You guys watched the premiere of Gravity Fall on Disney Channel?







This show has potential!


----------



## Fellow (Jun 19, 2012)

PBS Kids


----------



## MelodieOctavia (Jun 19, 2012)

CN Just because of Regular Show and Adventure Time.


----------



## Plstic (Jun 19, 2012)

Cartoon Network because I


----------



## Santee (Jun 19, 2012)

PBS kids then saturday morning fox, it was something like foxbox I don't know (it had kirby, yu-gi-oh, megaman)


----------



## Deleted User (Jun 19, 2012)

Santee said:


> PBS kids then saturday morning fox, it was something like foxbox I don't know (it had kirby, yu-gi-oh, megaman)



I WANT MAH KIRBY BACK!!!


----------



## Yumi (Jun 19, 2012)

I will go for CN. i think we get different stuff in different countries, no?


----------



## ShadowSoldier (Jun 19, 2012)

Zaraf said:


> This reminds me of the awesome 90s when Saturday mornings would have cartoons on almost every channel.  Now you'll be lucky to find Saturday morning cartoons on 2 channels.  But at least we got Youtube now to watch all the awesome old cartoons.

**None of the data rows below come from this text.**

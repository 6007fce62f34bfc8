-- ===== src/Collector/Trace.antt =====
-- `markRoots` and `traceReferences` of src/common/memory.cc: which objects are marked.
use mathlib.Core.Logic.{⊎_elim}
use mathlib.Core.Path.{subst}
use mathlib.Core.List.{Memᴰ}
use mathlib.Core.List.Memᴰ
use yscript.Prelude.{
  ℕ, zero, suc, ◌+◌, ◌≤◌, ◌<◌, ◌≡◌, ◌⊎◌, ◌↔◌, inl, inr, refl, sym, ap, ◌∙◌, List, [], ◌∷◌, Bool,
  true, false, some, arith, length, get_elem?, get_elem?-lt,
}
use yscript.Value.{Ptr}
use yscript.Memory.{Obj}
use yscript.Interp.{Vm}
use yscript.Collector.{Collector, blacken_object, trace_loop, trace_references}
use yscript.Collector.Marks.{blacken_object-Marks}
use yscript.Collector.Effect.{refs, IsMarked, unmarked, Marks}

-- The objects that the roots lead to.
pub data Reach (from : List Ptr) (objects : List Obj) : Ptr → Type 0 where
  root : {p : Ptr} → Memᴰ p from → p < length objects → Reach from objects p
  step :
      {p q : Ptr} {o : Obj}
      → Reach from objects p
      → get_elem? objects p ≡ some o
      → Memᴰ q (refs o)
      → q < length objects
      → Reach from objects q

unmarked_le : (marks : List Bool) → unmarked marks ≤ length marks
unfolding unmarked
unmarked_le [] = omega arith
unmarked_le (true ∷ marks) = omega (arith, unmarked_le marks)
unmarked_le (false ∷ marks) = omega (arith, unmarked_le marks)

pub get_elem?-some {ℓ} :
    {A : Type ℓ} (xs : List A) (i : ℕ) → i < length xs → (a : A) × (get_elem? xs i ≡ some a)
get_elem?-some [] i h = absurd (omega arith)
get_elem?-some (x ∷ xs) zero h = (x, refl)
get_elem?-some (x ∷ xs) (suc i) h = get_elem?-some xs i (omega arith)

List-cases : (xs : List Ptr) → (xs ≡ []) ⊎ ((x : Ptr) × (rest : List Ptr) × (xs ≡ x ∷ rest))
List-cases [] = inl refl
List-cases (x ∷ xs) = inr (x, xs, refl)

module _ (from : List Ptr) where
  -- While the references are traced: the marked objects are reachable, and what they hold is marked
  -- unless they are gray.
  pub record Tracing (objects : List Obj) (c : Collector) : Type 0 where
    pub memory : c.vm.memory.objects ≡ objects
    pub sized : length c.marks ≡ length objects
    pub sound : (p : Ptr) → IsMarked c p → Reach from objects p
    pub queued : (p : Ptr) → Memᴰ p c.gray → IsMarked c p
    pub closed :
        (p : Ptr)
        → IsMarked c p
        → Memᴰ p c.gray
          ⊎ ((o : Obj) (q : Ptr)
              → get_elem? objects p ≡ some o
              → Memᴰ q (refs o)
              → q < length objects
              → IsMarked c q)
    pub started : (p : Ptr) → Memᴰ p from → p < length objects → IsMarked c p

  Tracing-blacken :
      (objects : List Obj) (c : Collector) (p : Ptr) (gray : List Ptr) (o : Obj)
      → c.gray ≡ p ∷ gray
      → get_elem? objects p ≡ some o
      → Tracing objects c
      → Tracing objects (blacken_object o (record c { gray = gray }))
  Tracing-blacken objects c p gray o e at_p t =
      let m = blacken_object-Marks o (record c { gray = gray }) in
      let p_marked = t.queued p (subst (Memᴰ p) (sym e) (Memᴰ.head refl)) in
      record {
        memory = ap (λ (vm : Vm). vm.memory.objects) m.same_vm ∙ t.memory;
        sized = m.same_length ∙ t.sized;
        sound = λ q k.
            ⊎_elim (t.sound q)
              (λ held.
                step (t.sound p p_marked) at_p held
                  (omega (arith, m.same_length, t.sized, get_elem?-lt _ q k)))
              (m.only q k);
        queued = λ q k.
            ⊎_elim (λ old. m.kept q (t.queued q (subst (Memᴰ q) (sym e) (Memᴰ.tail old)))) (λ n. n)
              (m.gray_only q k);
        closed = λ q k. elim (m.grays q k) [
          | inr now ↦ inl now
          | inl before ↦ elim (t.closed q before) [
            | inr done ↦ inr (λ o' r at_q held lt. m.kept r (done o' r at_q held lt))
            | inl waiting ↦ elim (Memᴰ.cases_cons (subst (Memᴰ q) e waiting)) [
              | inr further ↦ inl (m.gray_kept q further)
              | inl same ↦ inr (λ o' r at_q held lt.
                  let both : some o' ≡ some o = sym at_q ∙ ap (get_elem? objects) same ∙ at_p in
                  let same_o : o' ≡ o = cc both in
                  m.reached r (subst (λ x. Memᴰ r (refs x)) same_o held) (omega (arith, t.sized)))
            ]
          ]
        ];
        started = λ q k lt. m.kept q (t.started q k lt);
      }

  -- What the loop leaves.
  pub record Traced (objects : List Obj) (c c' : Collector) : Type 0 where
    pub tracing : Tracing objects c'
    pub no_gray : c'.gray ≡ []
    pub same_vm : c'.vm ≡ c.vm
    pub same_objects : c'.objects ≡ c.objects
    pub same_freed : c'.freed ≡ c.freed

  trace_loop-Traced :
      (f : ℕ) (objects : List Obj) (c : Collector)
      → Tracing objects c
      → unmarked c.marks + length c.gray < f
      → (c' : Collector) × (trace_loop f c ≡ some c') × Traced objects c c'
  unfolding trace_loop
  trace_loop-Traced zero objects c t h = absurd (omega arith)
  trace_loop-Traced (suc f) objects c t h = elim (List-cases c.gray) [
    | inl e ↦ (
      c,
      simp (trace_loop, e),
      record { tracing = t; no_gray = e; same_vm = refl; same_objects = refl; same_freed = refl },
    )
    | inr (p, gray, e) ↦
        let p_marked = t.queued p (subst (Memᴰ p) (sym e) (Memᴰ.head refl)) in
        let (o, at_p) =
          get_elem?-some objects p (omega (arith, t.sized, get_elem?-lt c.marks p p_marked)) in
        let m = blacken_object-Marks o (record c { gray = gray }) in
        let size : length c.gray ≡ suc (length gray) = ap length e in
        let (c', run, d) =
          trace_loop-Traced f objects (blacken_object o (record c { gray = gray }))
            (Tracing-blacken objects c p gray o e at_p t) (omega (arith, m.count)) in
        (
          c',
          simp (trace_loop, e, t.memory, at_p, run),
          record {
            tracing = d.tracing;
            no_gray = d.no_gray;
            same_vm = d.same_vm ∙ m.same_vm;
            same_objects = d.same_objects ∙ m.same_objects;
            same_freed = d.same_freed ∙ m.same_freed;
          },
        )
  ]

-- The references are traced to the end, and then the marked objects are those that the roots lead to.
pub Traced-reached :
    (from : List Ptr) (objects : List Obj) (c c' : Collector)
    → Traced from objects c c'
    → (p : Ptr) → (IsMarked c' p ↔ Reach from objects p)
Traced-reached from objects c c' d p = (d.tracing.sound p, complete)
  where
    complete : {q : Ptr} → Reach from objects q → IsMarked c' q
    complete (root m lt) = d.tracing.started _ m lt
    complete (step {p = q} {q = r} r_q at_q held lt) = elim (d.tracing.closed q (complete r_q)) [
      | inl waiting ↦ absurd (Memᴰ.not-nil (subst (Memᴰ q) d.no_gray waiting))
      | inr done ↦ done _ r at_q held lt
    ]

pub trace_references-Traced :
    (from : List Ptr) (objects : List Obj) (c : Collector)
    → Tracing from objects c
    → (c' : Collector) × (trace_references c ≡ some c') × Traced from objects c c'
unfolding trace_references
trace_references-Traced from objects c t =
    trace_loop-Traced from (suc (length c.marks + length c.gray)) objects c t
      (omega (arith, unmarked_le c.marks))

-- Behind the roots, the references are still to be traced.
pub Tracing-roots :
    (from : List Ptr) (c c₁ : Collector)
    → length c.marks ≡ length c.vm.memory.objects
    → ((p : Ptr) → ¬ IsMarked c p)
    → c.gray ≡ []
    → Marks from c c₁
    → Tracing from c.vm.memory.objects c₁
Tracing-roots from c c₁ sized white no_gray m = record {
  memory = ap (λ (vm : Vm). vm.memory.objects) m.same_vm;
  sized = m.same_length ∙ sized;
  sound = λ p k.
      ⊎_elim (λ old. absurd (white p old))
        (λ held. root held (omega (arith, get_elem?-lt c₁.marks p k, m.same_length, sized)))
        (m.only p k);
  queued = λ p k.
      ⊎_elim (λ old. absurd (Memᴰ.not-nil (subst (Memᴰ p) no_gray old))) (λ now. now)
        (m.gray_only p k);
  closed = λ p k. ⊎_elim (λ old. absurd (white p old)) inl (m.grays p k);
  started = λ p k lt. m.reached p k (omega (arith, sized));
}
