-- ===== src/Collector/Roots.antt =====
-- `markRoots` of src/common/memory.cc.
use mathlib.Core.Path.{subst}
use yscript.Prelude.{
  ℕ, zero, suc, ◌<◌, ◌≡◌, refl, sym, ◌∙◌, List, [], ◌∷◌, ◌++◌, Option, some, arith, length,
}
use yscript.Value.{Ptr}
use yscript.Interp.{Vm}
use yscript.Interp.Chain.{Opens, Chain, end, link}
use yscript.Interp.Chain.Insert.{HasOpen}
use yscript.Collector.{
  Collector, mark_object, mark_table, mark_open, mark_stack, mark_frames, mark_compiler_roots,
  mark_roots,
}
use yscript.Collector.Marks.{
  stack_refs, frames_refs, mark_object-Marks, mark_stack-Marks, mark_frames-Marks,
  mark_compiler_roots-Marks, mark_table-Marks,
}
use yscript.Collector.Effect.{option_refs, entries_refs, Marks, Marks-none, Marks-append}

abbrev pub addresses : Opens → List Ptr
addresses [] = []
addresses ((u, _) ∷ us) = u ∷ addresses us

mark_open-Marks :
    (f : ℕ) (c : Collector) {head : Option Ptr} {us : Opens}
    → Chain c.vm.memory.objects head us
    → length us < f
    → (c' : Collector) × (mark_open f head c ≡ some c') × Marks (addresses us) c c'
unfolding mark_open
mark_open-Marks zero c chain h = absurd (omega arith)
mark_open-Marks (suc f) c end h = (c, refl, Marks-none c)
mark_open-Marks (suc f) c (link {u = u} {next = n} {us = us} e below chain) h =
    let m = mark_object-Marks (some u) c in
    let (c', run, m') =
      mark_open-Marks f (mark_object (some u) c)
        (subst (λ vm. Chain vm.memory.objects n us) (sym m.same_vm) chain) (omega arith) in
    (c', rw (mark_open, e) run, Marks-append m m')

-- The addresses that the interpreter and the compiler hold.
abbrev pub roots : List Ptr → Vm → Opens → List Ptr
roots compilers vm us =
    stack_refs vm.stack
    ++ (frames_refs vm.frames
        ++ (addresses us
            ++ (entries_refs vm.globals.entries ++ (compilers ++ option_refs vm.init_string))))

pub mark_roots-Marks :
    (compilers : List Ptr) (c : Collector) (us : Opens)
    → HasOpen c.vm us
    → (c' : Collector) × (mark_roots compilers c ≡ some c') × Marks (roots compilers c.vm us) c c'
unfolding mark_roots
mark_roots-Marks compilers c us h =
    let m₁ = mark_stack-Marks c.vm.stack c in
    let c₁ = mark_stack c.vm.stack c in
    let m₂ = mark_frames-Marks c.vm.frames c₁ in
    let c₂ = mark_frames c.vm.frames c₁ in
    let (c₃, run, m₃) =
      mark_open-Marks (suc (length c.vm.memory.objects)) c₂
        (subst (λ vm. Chain vm.memory.objects c.vm.open_upvalues us) (sym (m₂.same_vm ∙ m₁.same_vm))
          h.chain)
        (omega (arith, h.few)) in
    let m₄ = mark_table-Marks c.vm.globals c₃ in
    let c₄ = mark_table c.vm.globals c₃ in
    let m₅ = mark_compiler_roots-Marks compilers c₄ in
    let c₅ = mark_compiler_roots compilers c₄ in
    (
      mark_object c.vm.init_string c₅,
      rw (run),
      Marks-append m₁ (
          Marks-append m₂ (
            Marks-append m₃
              (Marks-append m₄ (Marks-append m₅ (mark_object-Marks c.vm.init_string c₅))))),
    )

That's what me and my friend do. Every saturday morning after work, we'll go and get high, and watch some Dragonball Z, some original Pokemon, Reboot, or whatever other cartoon we have. It's a great way to start off Saturday.


----------



## Gahars (Jun 19, 2012)

Cartoon Network has Adventure Time. Nickelodeon has Avatar.


----------



## 1234turtles (Jun 20, 2012)

It was cartoonnetwork then they cancelled toonami and brought this cn real bull shit.


----------



## Hyro-Sama (Jun 20, 2012)

Nickelodeon only because it's airing Legend of Korra. Once the series ends so does my love for the network.


----------



## Joe88 (Jun 20, 2012)

Gahars said:


> Cartoon Network has Adventure Time. Nickelodeon has Avatar.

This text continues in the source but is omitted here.